# How do you teach your dog to recognize people?



## ~Saphira~ (Apr 25, 2012)

I've seen a few people on here who can tell their dogs to "Go to so and so" Or "Give this to so and so" And things like that. 

How would you train your dog to recognize people by name?


----------



## Sunflowers (Feb 17, 2012)

I just said the name of the person when my dog was getting petted. Now he knows both of my sons and my husband by name. Smart dogs, those GSDs...


----------



## ~Saphira~ (Apr 25, 2012)

Wow!


----------



## llombardo (Dec 11, 2011)

All three of my dogs(1 GSD/2 Non GSD) know my family members by name Every night I tell them to go and give my son a kiss good night and they do


----------



## ~Saphira~ (Apr 25, 2012)

That's adorable! How did you teach your dogs that, though?


----------



## llombardo (Dec 11, 2011)

~Saphira~ said:


> That's adorable! How did you teach your dogs that, though?
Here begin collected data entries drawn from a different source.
-- ===== src/Examples/Directories.antt =====
-- New directories at concrete inputs.
use juju_utils.Common.{ℕ, ◌≡◌, ◌≢◌, ◌⊎◌, refl, arith, ◌+◌, some, [], ◌∷◌, ◌==◌, ◌||◌, if◌then◌else◌}
use juju_utils.Common.Bytes.{Bytes, bytes_eq, codes}
use juju_utils.Common.Results.{ok}
use juju_utils.Text.Fields.{split, join}
use juju_utils.Text.Path.{add, all_up, drop_last, resolve, elements, print, clean, join_paths}
use juju_utils.UniqueDirectory.{
  Stat, exists, missing, candidate, search, unique_directory, join_server_path,
}
use juju_utils.UniqueDirectory.FirstFree.{IsFirst, unique_directory_lem}

abbrev digit : ℕ → Bytes
digit n = (48 + n) ∷ []

abbrev status : Bytes → Stat ℕ
status dir = if dir == codes "tmp/x" || dir == codes "tmp/x.1" then exists else missing

second_free :
    unique_directory status digit (codes "tmp/") (codes "x") 2 ≡ some (ok (codes "tmp/x.2"))
unfolding unique_directory search candidate join_paths clean elements resolve add all_up drop_last
    print split join
second_free = refl

x2_missing : status (candidate digit (codes "tmp/") (codes "x") 2) ≡ missing
unfolding candidate join_paths clean elements resolve add all_up drop_last print split join
x2_missing = refl

unique_directory_example :
    let r = unique_directory status digit (codes "tmp/") (codes "x") 2 in
    let first = candidate digit (codes "tmp/") (codes "x") 0 in
    ((status first ≡ missing) × (r ≡ some (ok first)))
    ⊎ ((status first ≢ missing) × IsFirst status digit (codes "tmp/") (codes "x") 1 r)
unique_directory_example =
    unique_directory_lem status digit (codes "tmp/") (codes "x") 2 2 (omega arith) (omega arith)
      (λ h. absurd (ground (arith, x2_missing, h)))

joined : join_server_path (codes "a" ∷ [] ∷ codes "../b//c/." ∷ []) ≡ codes "b/c"
unfolding join_server_path clean elements resolve add all_up drop_last print split join
joined = refl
It started as a game, I would tell them to go give Joey a kiss, then my son called them to where he was and ask for a kiss. After repeating this every night they got it....Its really no different then them understanding what bye bye means....sometimes people have to spell it and then the dogs learn how to spell O U T


----------



## gmcwife1 (Apr 5, 2012)

We are going to start training on name recognition this week with our obedience class 

I don't remember the steps but will try to type them out when I get home  

Koda (our Samoyed) knows 'get your girl' means to go find our daughter. But we are going to teach Nita to know us by name since there are only three of us in the house.


----------



## Courtney (Feb 12, 2010)

We play alot of "find it" games with our boy because he loves it. He knows myself, husband and two teenage daughters by name. All 3 can hide and the one left with him will pick someone for him to find and he will seek out that person only, we have even hidden on our property and he will find the right person everytime, he's relentless.
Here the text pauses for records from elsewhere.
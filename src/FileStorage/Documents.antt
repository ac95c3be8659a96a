-- ===== src/FileStorage/Documents.antt =====
-- filestorage/metadata_store.go: metadata from a storage of documents. The metadata is of any type `M`,
-- and `D` is the type of the documents that are no metadata.
use juju_utils.Common.{◌↔◌, ◌≡◌, refl, arith, ap, List, [], ◌∷◌, map}
use juju_utils.Common.Results.{Result, ok, err}

-- A `Document` as it is in fact; `nil` is the nil interface.
pub data Document (D M : Type 0) : Type 0 where
  nil : Document D M
  metadata : M → Document D M
  other : D → Document D M

-- `errors.Trace` adds a place to an error, not a reason, so it is left out.
pub data DocError (E D M : Type 0) : Type 0 where
  storage : E → DocError E D M
  expected_metadata : Document D M → DocError E D M

module _ {D M : Type 0} where
  -- The documents that are not nil.
  abbrev pub present : List (Document D M) → List (Document D M)
  present [] = []
  present (nil ∷ docs) = present docs
  present (metadata m ∷ docs) = metadata m ∷ present docs
  present (other d ∷ docs) = other d ∷ present docs

module _ {E D M : Type 0} where
  -- `Convert`.
  unfoldable pub convert : Document D M → Result (DocError E D M) M
  convert nil = err (expected_metadata nil)
  convert (metadata m) = ok m
  convert (other d) = err (expected_metadata (other d))

  -- `Metadata`, from what `Doc` returns.
  unfoldable pub metadata_of : Result E (Document D M) → Result (DocError E D M) M
  unfolding convert
  metadata_of (err e) = err (storage e)
  metadata_of (ok doc) = convert doc

  abbrev pub also : M → Result (DocError E D M) (List M) → Result (DocError E D M) (List M)
  also m (err e) = err e
  also m (ok ms) = ok (m ∷ ms)

  -- The loop of `ListMetadata`.
  unfoldable pub convert_all : List (Document D M) → Result (DocError E D M) (List M)
  convert_all [] = ok []
  convert_all (nil ∷ docs) = convert_all docs
  convert_all (metadata m ∷ docs) = also m (convert_all docs)
  convert_all (other d ∷ docs) = err (expected_metadata (other d))

  -- `ListMetadata`, from what `ListDocs` returns.
  unfoldable pub list_metadata : Result E (List (Document D M)) → Result (DocError E D M) (List M)
  unfolding convert_all
  list_metadata (err e) = err (storage e)
  list_metadata (ok docs) = convert_all docs

  also_ok :
      (m : M) (r : Result (DocError E D M) (List M)) (ms : List M)
      → also m r ≡ ok ms
      → (rest : List M) × (r ≡ ok rest) × (ms ≡ m ∷ rest)
  also_ok m (err e) ms h = absurd (ground arith)
  also_ok m (ok rest) ms h = (rest, refl, ground arith)

  list_metadata_ok :
      (docs : List (Document D M)) (ms : List M)
      → list_metadata (ok docs) ≡ ok ms
      → present docs ≡ map metadata ms
  unfolding list_metadata
  list_metadata_ok [] [] h = refl
  list_metadata_ok [] (m ∷ ms) h = absurd (ground arith)
  list_metadata_ok (nil ∷ docs) ms h = list_metadata_ok docs ms h
  list_metadata_ok (metadata m ∷ docs) ms h =
      let (rest, e, same) = also_ok m (convert_all docs) ms h in
      rw same (ap (λ (ds : List (Document D M)). metadata m ∷ ds) (list_metadata_ok docs rest e))
  list_metadata_ok (other d ∷ docs) ms h = absurd (ground arith)

  list_metadata-present :
      (docs : List (Document D M)) (ms : List M)
      → present docs ≡ map metadata ms
      → list_metadata (ok docs) ≡ ok ms
  unfolding list_metadata
  list_metadata-present [] [] h = refl
  list_metadata-present [] (m ∷ ms) h = absurd (ground arith)
  list_metadata-present (nil ∷ docs) ms h = list_metadata-present docs ms h
  list_metadata-present (metadata m ∷ docs) [] h = absurd (ground arith)
  list_metadata-present (metadata m ∷ docs) (n ∷ ms) h =
      let (same, rest) : (m ≡ n) × (present docs ≡ map metadata ms) = ground arith in
      rw (list_metadata-present docs ms rest, same) refl
  list_metadata-present (other d ∷ docs) [] h = absurd (ground arith)
  list_metadata-present (other d ∷ docs) (n ∷ ms) h = absurd (ground arith)

  -- `ListMetadata` succeeds exactly if all the documents that are not nil are metadata, and then it
  -- gives them all in their order.
  pub list_metadata_iff :
      (docs : List (Document D M)) (ms : List M)
      → (list_metadata (ok docs) ≡ ok ms) ↔ (present docs ≡ map metadata ms)
  list_metadata_iff docs ms = (list_metadata_ok docs ms, list_metadata-present docs ms)
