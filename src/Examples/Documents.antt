-- ===== src/Examples/Documents.antt =====
-- Documents at concrete inputs.
use juju_utils.Common.{ℕ, ◌≡◌, refl, List, [], ◌∷◌}
use juju_utils.Common.Results.{ok, err}
use juju_utils.FileStorage.Documents.{
  Document, nil, metadata, other, expected_metadata, convert_all, list_metadata,
}

abbrev documents : List (Document ℕ ℕ)
documents = metadata 3 ∷ nil ∷ metadata 5 ∷ []

foreign_document :
    list_metadata {E = ℕ} (ok (other 1 ∷ documents)) ≡ err (expected_metadata (other 1))
unfolding list_metadata convert_all
foreign_document = refl
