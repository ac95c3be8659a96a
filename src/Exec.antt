-- ===== src/Exec.antt =====
-- exec/exec.go: `mergeEnvironment`. Running has the rest.
pub mod Merged
pub mod Running
use juju_utils.Common.{Option, none, some, List, [], ◌∷◌, ◌++◌}
use juju_utils.Common.Bytes.{Bytes, bytes_eq}
use juju_utils.Text.Cut.{split_in_two}
use juju_utils.GoMap.{Map, insert}

-- `m[varSplit[0]] = varSplit[1]`, which panics if there is no second part.
abbrev pub set_variable : List Bytes → Map Bytes Bytes → Option (Map Bytes Bytes)
set_variable [] m = none
set_variable (key ∷ []) m = none
set_variable (key ∷ value ∷ rest) m = some (insert key value m)

abbrev pub and_then :
    Option (Map Bytes Bytes)
    → (Map Bytes Bytes → Option (Map Bytes Bytes))
    → Option (Map Bytes Bytes)
and_then none f = none
and_then (some m) f = f m

-- A loop over the variables of an environment.
unfoldable pub set_variables : List Bytes → Map Bytes Bytes → Option (Map Bytes Bytes)
unfolding split_in_two
set_variables [] m = some m
set_variables (val ∷ vals) m =
    and_then (set_variable (split_in_two b'=' val) m) (set_variables vals)

-- The loop over the map.
unfoldable pub variables : Map Bytes Bytes → List Bytes
variables [] = []
variables ((key, value) ∷ m) = (key ++ b'=' ∷ value) ∷ variables m

abbrev pub listed : Option (Map Bytes Bytes) → Option (Option (List Bytes))
listed none = none
listed (some m) = some (some (variables m))

-- `mergeEnvironment`, with what `os.Environ()` gives; a nil environment is `none`.
unfoldable pub merge_environment : List Bytes → Option (List Bytes) → Option (Option (List Bytes))
unfolding set_variables variables
merge_environment environ none = some none
merge_environment environ (some env) =
    listed (and_then (set_variables environ []) (set_variables env))
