-- ===== src/Examples/Environments.antt =====
-- Merged environments at concrete inputs.
use juju_utils.Common.{◌≡◌, refl, none, some, List, [], ◌∷◌}
use juju_utils.Common.Bytes.{Bytes, bytes_eq, codes}
use juju_utils.Text.Cut.{cut, split_in_two}
use juju_utils.GoMap.{insert}
use juju_utils.Exec.{set_variables, merge_environment}

abbrev present : List Bytes
present = codes "PATH=/bin" ∷ codes "TMP=/tmp" ∷ codes "=C:=C:\\" ∷ []

abbrev desired : List Bytes
desired = codes "TMP=/var" ∷ codes "A=b=c" ∷ []

no_equals_panics : merge_environment present (some (codes "A" ∷ [])) ≡ none
unfolding merge_environment set_variables split_in_two cut insert
no_equals_panics = refl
We just started to say "find mommy" as soon as he made eye contact, treat, then he was treated for going to that person or heavily petted, good boy! Kind of generic but he caught on quick


----------



## ~Saphira~ (Apr 25, 2012)

Thanks Courtney! 

Thanks everyone!


----------



## Sunflowers (Feb 17, 2012)

So when are you getting your dog?


----------



## ~Saphira~ (Apr 25, 2012)

Hopefully this June... I've been saving up.


----------



## Sunflowers (Feb 17, 2012)

Yay! Can't wait to see your new pup!


----------



## doggiedad (Dec 2, 2007)

when my dog was a pup we taught him "go to" and
"come" at the same time. my GF and i use to sit on the floor
with our feet touching. we placed the pup between/inside
our legs. i faced the pup towards my GF. i would say "go to
Rosie" and at the same time my GF would say "come". then
my GF would face the pup towards me i did the same thing.
as the pup learned "go to" we started moving further away
from each other. then we taught him "go to your crate".
whenever the pup was crated one of us would pick him
up and say "go to your crate". we said it a few more times 
as we neared the crate. when we reached the crate the pup was sat
on the floor in front of the crate. as he was ushered in the crate
it was said again "go to your crate". as he learned "go to your crate"
we started telling him to go to his crate from different parts of the house
and finally form different places around the yard. "go to your bed".
we leashed him and said "go to your bed". one of us would walk him
to his bed. once on the bed he given a "stay", "down" or "sit" command.
"go to the car". open the car door. leash the dog and say "go to the car".
"go to the car" was easy to teach because he knew the car meant
it's time to go somewhere. i also taught him to lay down automatically
when he goes to the car. everytime i lead him to the car i told him
down once he was in the car. "go get the mail". the mail carriers helped 
with this. whenever the mail came we walked the dog to the mailman
saying "get the mail". the mailman would hand the mail to the dog
(put it in his mouth). at some point we were able to open the door
when the mailman was out front and say "get the mail". if my neighbor 
comes out our dog will go back down the driveway and get her mail
and bring it to her. my dog knows "go to our bed" and "go to your sister".
if both of my children are in the room and i say "go to your sister" he picks
one to go to. "go to your aunt", when my sister is here he'll go to her
on command. if you there's one person in a room with you walk over to that 
person and look at your dog and say "Spot, this is Bob". then wait a minute
and tell you dog to "go to Bob". your dog will probably
go to Bob because he knows "go to". he doesn't know the 
word Bob but he's responding to "go to".


----------



## chelle (Feb 1, 2009)

I didn't do anything very fancy.  Just said the person's name when he was interacting with them. When they drove up the driveway, he'd go to the window and I'd say, "Who's here?" then when the person got out of the car, I'd say, "Oh! It's XXX." "Do you want to see XXX?" It was really easy. Dogs pick up on this fast. They learn their own names fast, after all.  Again, I haven't done anything very fancy, but sometimes I'll say, "Where's XXX?" when they're at my house and the dogs want to go find them.

ETA -- I don't think my dogs know my actual name. All they know for me is "Mama."


----------



## doggiedad (Dec 2, 2007)

when you get your pup don't rush training. if your dog learns one command a month that's 12 commands a year. in 2 years at 1 command
a month that's 24 commands and i think that's awesome.



~Saphira~ said:


> Hopefully this June... I've been saving up.


----------



## ~Saphira~ (Apr 25, 2012)

Doggiedad- thanks! Great advice


----------